◆ **Exercise prompt**: From the entries below, transcribe exactly the lines between the line holding "(q : SectionedBot → Bool) (sections : List Section) (bots" and the line holding "unfolding group_bots_for_sidebar", inclusive; skip all other lines.

== Segment start ==

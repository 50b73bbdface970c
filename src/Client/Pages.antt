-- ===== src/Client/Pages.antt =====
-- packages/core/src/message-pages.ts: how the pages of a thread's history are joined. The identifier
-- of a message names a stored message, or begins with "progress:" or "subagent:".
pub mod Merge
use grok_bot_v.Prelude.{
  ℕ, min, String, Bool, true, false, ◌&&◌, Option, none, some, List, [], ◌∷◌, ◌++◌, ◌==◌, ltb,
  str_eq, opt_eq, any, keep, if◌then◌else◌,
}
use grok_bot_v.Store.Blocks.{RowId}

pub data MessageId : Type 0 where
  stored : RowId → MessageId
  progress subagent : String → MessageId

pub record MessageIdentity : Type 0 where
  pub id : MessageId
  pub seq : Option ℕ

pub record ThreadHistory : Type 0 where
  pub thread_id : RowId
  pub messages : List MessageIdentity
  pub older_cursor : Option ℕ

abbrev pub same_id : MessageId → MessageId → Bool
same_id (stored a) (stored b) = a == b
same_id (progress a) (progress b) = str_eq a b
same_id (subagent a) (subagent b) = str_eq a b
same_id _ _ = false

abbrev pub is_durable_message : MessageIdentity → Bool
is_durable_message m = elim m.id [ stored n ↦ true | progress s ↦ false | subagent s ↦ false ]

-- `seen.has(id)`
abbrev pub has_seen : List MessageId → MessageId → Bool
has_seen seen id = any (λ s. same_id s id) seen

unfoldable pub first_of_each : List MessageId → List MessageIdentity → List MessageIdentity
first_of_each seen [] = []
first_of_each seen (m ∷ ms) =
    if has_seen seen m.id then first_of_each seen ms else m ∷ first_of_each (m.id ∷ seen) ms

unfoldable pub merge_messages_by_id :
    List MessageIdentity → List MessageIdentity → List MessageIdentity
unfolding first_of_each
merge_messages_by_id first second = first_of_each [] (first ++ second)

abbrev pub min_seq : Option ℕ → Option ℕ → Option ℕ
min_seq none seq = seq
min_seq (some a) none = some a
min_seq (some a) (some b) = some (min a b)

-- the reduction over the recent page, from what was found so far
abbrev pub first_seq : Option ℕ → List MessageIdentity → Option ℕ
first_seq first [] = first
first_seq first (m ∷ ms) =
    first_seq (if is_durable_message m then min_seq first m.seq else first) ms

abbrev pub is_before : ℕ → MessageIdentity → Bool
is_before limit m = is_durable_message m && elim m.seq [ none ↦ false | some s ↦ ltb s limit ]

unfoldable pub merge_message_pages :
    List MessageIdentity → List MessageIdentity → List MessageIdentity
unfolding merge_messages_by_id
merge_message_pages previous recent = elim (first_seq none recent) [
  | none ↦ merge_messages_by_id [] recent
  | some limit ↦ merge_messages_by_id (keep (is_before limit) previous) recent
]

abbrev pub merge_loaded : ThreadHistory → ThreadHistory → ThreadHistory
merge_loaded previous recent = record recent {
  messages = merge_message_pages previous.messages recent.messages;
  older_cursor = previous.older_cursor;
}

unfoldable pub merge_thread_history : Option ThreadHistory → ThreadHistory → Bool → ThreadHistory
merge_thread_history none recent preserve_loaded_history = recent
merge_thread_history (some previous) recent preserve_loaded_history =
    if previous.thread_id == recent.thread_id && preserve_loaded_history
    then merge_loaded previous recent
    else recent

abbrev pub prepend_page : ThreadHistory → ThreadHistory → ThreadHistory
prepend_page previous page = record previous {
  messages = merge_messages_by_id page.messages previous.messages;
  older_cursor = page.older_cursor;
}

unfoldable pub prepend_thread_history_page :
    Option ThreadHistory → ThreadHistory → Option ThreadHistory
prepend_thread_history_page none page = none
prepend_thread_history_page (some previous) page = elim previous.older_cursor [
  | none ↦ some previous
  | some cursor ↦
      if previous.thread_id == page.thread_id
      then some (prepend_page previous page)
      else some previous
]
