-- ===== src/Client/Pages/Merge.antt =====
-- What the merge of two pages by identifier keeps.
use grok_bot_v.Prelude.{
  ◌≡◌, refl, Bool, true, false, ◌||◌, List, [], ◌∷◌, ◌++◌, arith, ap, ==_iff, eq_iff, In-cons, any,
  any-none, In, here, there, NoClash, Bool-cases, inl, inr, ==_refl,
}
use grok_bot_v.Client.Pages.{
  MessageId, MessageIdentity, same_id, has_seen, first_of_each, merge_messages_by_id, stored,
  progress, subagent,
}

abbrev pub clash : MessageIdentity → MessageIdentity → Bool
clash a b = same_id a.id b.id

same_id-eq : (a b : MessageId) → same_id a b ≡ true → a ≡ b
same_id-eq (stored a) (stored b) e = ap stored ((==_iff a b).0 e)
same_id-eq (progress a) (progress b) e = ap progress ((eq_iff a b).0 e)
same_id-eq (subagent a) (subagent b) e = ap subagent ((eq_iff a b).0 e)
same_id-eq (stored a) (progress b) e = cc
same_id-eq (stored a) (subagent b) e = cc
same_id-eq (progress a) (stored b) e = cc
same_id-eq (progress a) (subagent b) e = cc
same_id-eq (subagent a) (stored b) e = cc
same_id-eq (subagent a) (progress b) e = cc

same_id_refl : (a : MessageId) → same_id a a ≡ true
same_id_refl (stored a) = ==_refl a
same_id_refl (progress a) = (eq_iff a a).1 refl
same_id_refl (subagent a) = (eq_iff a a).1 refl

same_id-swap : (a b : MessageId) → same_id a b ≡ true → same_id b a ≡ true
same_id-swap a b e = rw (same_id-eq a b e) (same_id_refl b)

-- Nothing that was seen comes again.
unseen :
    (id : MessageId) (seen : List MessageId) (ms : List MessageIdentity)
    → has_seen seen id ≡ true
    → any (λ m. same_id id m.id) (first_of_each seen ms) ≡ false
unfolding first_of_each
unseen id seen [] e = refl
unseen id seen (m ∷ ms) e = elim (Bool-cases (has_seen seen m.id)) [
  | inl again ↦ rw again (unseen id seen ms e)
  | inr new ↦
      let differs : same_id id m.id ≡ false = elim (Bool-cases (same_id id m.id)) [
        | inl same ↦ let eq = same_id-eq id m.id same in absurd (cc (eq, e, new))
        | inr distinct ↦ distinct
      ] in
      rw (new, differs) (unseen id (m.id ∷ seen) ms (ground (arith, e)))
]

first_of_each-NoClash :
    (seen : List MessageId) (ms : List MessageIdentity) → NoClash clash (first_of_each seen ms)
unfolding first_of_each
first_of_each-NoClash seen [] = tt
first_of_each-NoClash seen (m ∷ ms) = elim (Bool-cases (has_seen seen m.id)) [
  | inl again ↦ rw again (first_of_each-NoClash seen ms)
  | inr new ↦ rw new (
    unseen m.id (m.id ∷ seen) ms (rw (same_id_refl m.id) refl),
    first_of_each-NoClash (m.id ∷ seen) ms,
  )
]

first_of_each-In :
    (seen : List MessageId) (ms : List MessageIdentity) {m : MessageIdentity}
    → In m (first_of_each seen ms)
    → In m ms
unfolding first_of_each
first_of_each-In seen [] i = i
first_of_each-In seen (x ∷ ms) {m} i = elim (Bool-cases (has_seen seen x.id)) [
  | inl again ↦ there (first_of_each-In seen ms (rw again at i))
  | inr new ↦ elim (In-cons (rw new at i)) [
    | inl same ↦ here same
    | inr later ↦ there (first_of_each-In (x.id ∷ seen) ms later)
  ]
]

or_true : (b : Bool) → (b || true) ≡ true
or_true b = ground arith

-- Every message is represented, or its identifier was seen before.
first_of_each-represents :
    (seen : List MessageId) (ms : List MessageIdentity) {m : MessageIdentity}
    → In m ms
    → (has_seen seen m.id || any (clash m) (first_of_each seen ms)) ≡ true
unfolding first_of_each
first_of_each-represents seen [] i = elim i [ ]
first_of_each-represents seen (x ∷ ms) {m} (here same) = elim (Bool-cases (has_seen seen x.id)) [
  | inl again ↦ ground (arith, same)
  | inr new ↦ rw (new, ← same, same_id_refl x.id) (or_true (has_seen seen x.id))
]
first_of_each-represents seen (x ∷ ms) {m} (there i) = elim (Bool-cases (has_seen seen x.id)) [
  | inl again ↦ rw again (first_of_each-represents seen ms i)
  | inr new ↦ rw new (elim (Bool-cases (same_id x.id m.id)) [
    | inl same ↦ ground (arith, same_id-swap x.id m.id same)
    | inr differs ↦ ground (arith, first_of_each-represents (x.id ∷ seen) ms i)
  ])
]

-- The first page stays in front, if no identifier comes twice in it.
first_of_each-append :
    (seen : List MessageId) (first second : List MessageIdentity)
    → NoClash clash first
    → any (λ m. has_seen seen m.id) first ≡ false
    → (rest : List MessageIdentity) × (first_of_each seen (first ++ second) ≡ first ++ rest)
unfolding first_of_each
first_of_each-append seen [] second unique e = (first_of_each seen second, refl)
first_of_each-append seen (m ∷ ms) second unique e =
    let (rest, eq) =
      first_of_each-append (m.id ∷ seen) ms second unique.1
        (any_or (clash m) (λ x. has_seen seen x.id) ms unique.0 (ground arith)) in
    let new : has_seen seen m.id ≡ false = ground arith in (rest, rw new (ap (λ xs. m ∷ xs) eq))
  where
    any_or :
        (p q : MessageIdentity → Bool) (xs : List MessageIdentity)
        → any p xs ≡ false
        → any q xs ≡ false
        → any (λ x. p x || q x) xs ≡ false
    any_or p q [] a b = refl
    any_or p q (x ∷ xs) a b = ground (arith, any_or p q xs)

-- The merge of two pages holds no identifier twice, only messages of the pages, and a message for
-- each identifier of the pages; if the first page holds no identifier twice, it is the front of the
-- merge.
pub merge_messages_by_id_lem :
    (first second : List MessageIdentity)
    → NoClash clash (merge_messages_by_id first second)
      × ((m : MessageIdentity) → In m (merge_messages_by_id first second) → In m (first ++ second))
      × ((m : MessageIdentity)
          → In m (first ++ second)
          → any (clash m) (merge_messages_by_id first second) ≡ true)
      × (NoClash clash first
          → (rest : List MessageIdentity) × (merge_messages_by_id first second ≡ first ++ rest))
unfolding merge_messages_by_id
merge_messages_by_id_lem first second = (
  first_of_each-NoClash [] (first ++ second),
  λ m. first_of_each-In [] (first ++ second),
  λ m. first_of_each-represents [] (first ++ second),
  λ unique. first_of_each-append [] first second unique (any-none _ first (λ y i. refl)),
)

== Segment end ==
== Segment start ==

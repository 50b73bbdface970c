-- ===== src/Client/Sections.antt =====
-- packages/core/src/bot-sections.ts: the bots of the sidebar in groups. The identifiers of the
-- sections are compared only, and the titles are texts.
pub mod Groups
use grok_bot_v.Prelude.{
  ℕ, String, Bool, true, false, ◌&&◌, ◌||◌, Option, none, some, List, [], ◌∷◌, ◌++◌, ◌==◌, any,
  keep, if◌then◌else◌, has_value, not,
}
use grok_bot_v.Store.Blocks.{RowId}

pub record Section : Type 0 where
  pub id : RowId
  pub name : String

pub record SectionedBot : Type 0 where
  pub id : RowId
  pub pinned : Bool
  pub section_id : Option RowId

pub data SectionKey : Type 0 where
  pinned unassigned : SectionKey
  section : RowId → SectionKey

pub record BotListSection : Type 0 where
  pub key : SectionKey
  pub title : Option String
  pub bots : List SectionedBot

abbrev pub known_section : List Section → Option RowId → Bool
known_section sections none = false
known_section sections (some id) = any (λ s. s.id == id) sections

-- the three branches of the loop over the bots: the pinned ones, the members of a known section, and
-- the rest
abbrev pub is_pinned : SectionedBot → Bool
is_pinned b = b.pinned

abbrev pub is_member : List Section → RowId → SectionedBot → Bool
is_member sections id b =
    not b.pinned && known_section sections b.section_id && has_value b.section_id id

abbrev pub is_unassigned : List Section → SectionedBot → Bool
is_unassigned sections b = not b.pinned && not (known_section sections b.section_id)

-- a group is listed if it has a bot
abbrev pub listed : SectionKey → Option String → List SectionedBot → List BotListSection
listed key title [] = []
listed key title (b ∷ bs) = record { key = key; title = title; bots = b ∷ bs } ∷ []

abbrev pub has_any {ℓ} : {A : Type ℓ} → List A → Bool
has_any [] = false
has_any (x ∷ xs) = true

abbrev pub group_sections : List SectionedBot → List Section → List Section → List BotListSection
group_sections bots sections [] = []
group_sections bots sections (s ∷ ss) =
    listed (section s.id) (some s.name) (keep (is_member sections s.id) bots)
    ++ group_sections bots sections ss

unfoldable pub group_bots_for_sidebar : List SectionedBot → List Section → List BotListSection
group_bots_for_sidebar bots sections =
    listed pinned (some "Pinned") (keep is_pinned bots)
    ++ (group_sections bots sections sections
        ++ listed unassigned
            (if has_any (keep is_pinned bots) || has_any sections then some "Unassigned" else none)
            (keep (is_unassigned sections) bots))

== Segment end ==
== Segment start ==

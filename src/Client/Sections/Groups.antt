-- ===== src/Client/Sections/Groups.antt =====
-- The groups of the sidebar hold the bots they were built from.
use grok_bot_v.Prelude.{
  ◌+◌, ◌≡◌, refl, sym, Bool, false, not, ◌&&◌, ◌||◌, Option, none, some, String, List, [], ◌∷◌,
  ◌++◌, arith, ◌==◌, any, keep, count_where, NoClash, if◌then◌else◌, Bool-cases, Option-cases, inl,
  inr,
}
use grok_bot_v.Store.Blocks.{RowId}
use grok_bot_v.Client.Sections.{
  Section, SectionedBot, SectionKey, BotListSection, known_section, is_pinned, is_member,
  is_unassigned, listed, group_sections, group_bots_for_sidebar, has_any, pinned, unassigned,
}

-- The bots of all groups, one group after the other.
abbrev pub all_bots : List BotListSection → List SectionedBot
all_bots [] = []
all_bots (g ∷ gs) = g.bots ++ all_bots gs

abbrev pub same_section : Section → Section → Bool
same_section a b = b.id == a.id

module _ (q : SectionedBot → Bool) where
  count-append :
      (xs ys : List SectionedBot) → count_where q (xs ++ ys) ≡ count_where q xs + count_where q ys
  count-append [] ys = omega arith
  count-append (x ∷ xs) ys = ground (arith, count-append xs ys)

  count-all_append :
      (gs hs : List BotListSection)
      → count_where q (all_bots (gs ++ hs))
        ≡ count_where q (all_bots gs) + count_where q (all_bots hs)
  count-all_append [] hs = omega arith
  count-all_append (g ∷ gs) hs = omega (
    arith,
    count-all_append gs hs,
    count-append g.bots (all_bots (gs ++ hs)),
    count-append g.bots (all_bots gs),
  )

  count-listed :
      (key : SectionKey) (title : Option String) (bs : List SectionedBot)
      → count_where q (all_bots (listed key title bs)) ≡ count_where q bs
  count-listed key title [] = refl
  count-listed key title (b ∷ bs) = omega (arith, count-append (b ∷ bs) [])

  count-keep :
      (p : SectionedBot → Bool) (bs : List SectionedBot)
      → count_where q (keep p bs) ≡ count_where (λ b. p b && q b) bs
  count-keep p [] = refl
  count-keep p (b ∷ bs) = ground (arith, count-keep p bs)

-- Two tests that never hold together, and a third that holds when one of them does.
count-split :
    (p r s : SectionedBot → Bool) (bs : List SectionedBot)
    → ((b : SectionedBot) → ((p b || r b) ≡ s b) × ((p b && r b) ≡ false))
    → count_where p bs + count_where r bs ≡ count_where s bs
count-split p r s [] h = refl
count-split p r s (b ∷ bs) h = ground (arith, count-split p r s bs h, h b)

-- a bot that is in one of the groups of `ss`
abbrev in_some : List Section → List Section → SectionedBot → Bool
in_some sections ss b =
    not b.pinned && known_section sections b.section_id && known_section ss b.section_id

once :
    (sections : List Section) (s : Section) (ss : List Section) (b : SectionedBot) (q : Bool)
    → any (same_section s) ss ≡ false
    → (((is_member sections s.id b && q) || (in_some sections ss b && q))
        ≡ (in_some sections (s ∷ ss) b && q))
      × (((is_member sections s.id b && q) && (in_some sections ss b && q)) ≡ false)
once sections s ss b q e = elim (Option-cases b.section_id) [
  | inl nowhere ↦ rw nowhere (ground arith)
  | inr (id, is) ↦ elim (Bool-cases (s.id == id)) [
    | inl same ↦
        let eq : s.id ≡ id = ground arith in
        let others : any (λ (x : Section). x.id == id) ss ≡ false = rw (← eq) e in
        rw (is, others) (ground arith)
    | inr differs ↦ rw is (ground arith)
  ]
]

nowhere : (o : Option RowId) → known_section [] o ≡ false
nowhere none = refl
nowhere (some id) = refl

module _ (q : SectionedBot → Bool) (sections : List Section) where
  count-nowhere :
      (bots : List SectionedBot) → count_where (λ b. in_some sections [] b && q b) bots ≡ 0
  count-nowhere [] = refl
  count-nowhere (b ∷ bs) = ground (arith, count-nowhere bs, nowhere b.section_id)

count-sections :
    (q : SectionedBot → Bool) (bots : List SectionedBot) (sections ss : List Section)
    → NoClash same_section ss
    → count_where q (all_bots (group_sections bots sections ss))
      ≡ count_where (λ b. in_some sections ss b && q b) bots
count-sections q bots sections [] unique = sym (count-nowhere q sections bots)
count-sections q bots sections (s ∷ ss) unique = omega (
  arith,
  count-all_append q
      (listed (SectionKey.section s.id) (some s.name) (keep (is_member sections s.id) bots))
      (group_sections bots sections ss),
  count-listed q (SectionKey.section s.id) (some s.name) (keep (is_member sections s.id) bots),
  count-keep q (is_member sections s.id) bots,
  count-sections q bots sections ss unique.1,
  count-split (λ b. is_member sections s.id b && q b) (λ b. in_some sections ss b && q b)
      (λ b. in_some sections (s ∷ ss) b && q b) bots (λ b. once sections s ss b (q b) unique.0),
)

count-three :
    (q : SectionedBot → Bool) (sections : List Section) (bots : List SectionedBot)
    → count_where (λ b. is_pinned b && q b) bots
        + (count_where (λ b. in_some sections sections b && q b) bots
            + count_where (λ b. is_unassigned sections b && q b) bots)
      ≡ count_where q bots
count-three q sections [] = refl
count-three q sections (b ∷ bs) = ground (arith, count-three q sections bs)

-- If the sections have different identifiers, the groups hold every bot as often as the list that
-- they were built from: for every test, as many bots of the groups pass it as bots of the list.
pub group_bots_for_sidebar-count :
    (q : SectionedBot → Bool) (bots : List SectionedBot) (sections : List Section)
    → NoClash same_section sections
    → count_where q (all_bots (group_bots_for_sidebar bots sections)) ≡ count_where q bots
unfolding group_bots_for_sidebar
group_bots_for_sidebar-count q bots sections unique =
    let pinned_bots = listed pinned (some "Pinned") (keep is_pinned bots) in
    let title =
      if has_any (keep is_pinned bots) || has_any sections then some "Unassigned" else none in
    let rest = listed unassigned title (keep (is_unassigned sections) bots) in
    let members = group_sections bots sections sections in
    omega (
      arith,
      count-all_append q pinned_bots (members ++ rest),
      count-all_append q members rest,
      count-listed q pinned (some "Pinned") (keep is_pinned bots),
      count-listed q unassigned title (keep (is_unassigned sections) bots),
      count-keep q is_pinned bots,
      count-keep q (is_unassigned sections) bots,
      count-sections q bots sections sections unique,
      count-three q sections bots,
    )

== Segment end ==

◆ **Result of the task**:
    (q : SectionedBot → Bool) (sections : List Section) (bots : List SectionedBot)
    → count_where (λ b. is_pinned b && q b) bots
        + (count_where (λ b. in_some sections sections b && q b) bots
            + count_where (λ b. is_unassigned sections b && q b) bots)
      ≡ count_where q bots
count-three q sections [] = refl
count-three q sections (b ∷ bs) = ground (arith, count-three q sections bs)

-- If the sections have different identifiers, the groups hold every bot as often as the list that
-- they were built from: for every test, as many bots of the groups pass it as bots of the list.
pub group_bots_for_sidebar-count :
    (q : SectionedBot → Bool) (bots : List SectionedBot) (sections : List Section)
    → NoClash same_section sections
    → count_where q (all_bots (group_bots_for_sidebar bots sections)) ≡ count_where q bots
unfolding group_bots_for_sidebar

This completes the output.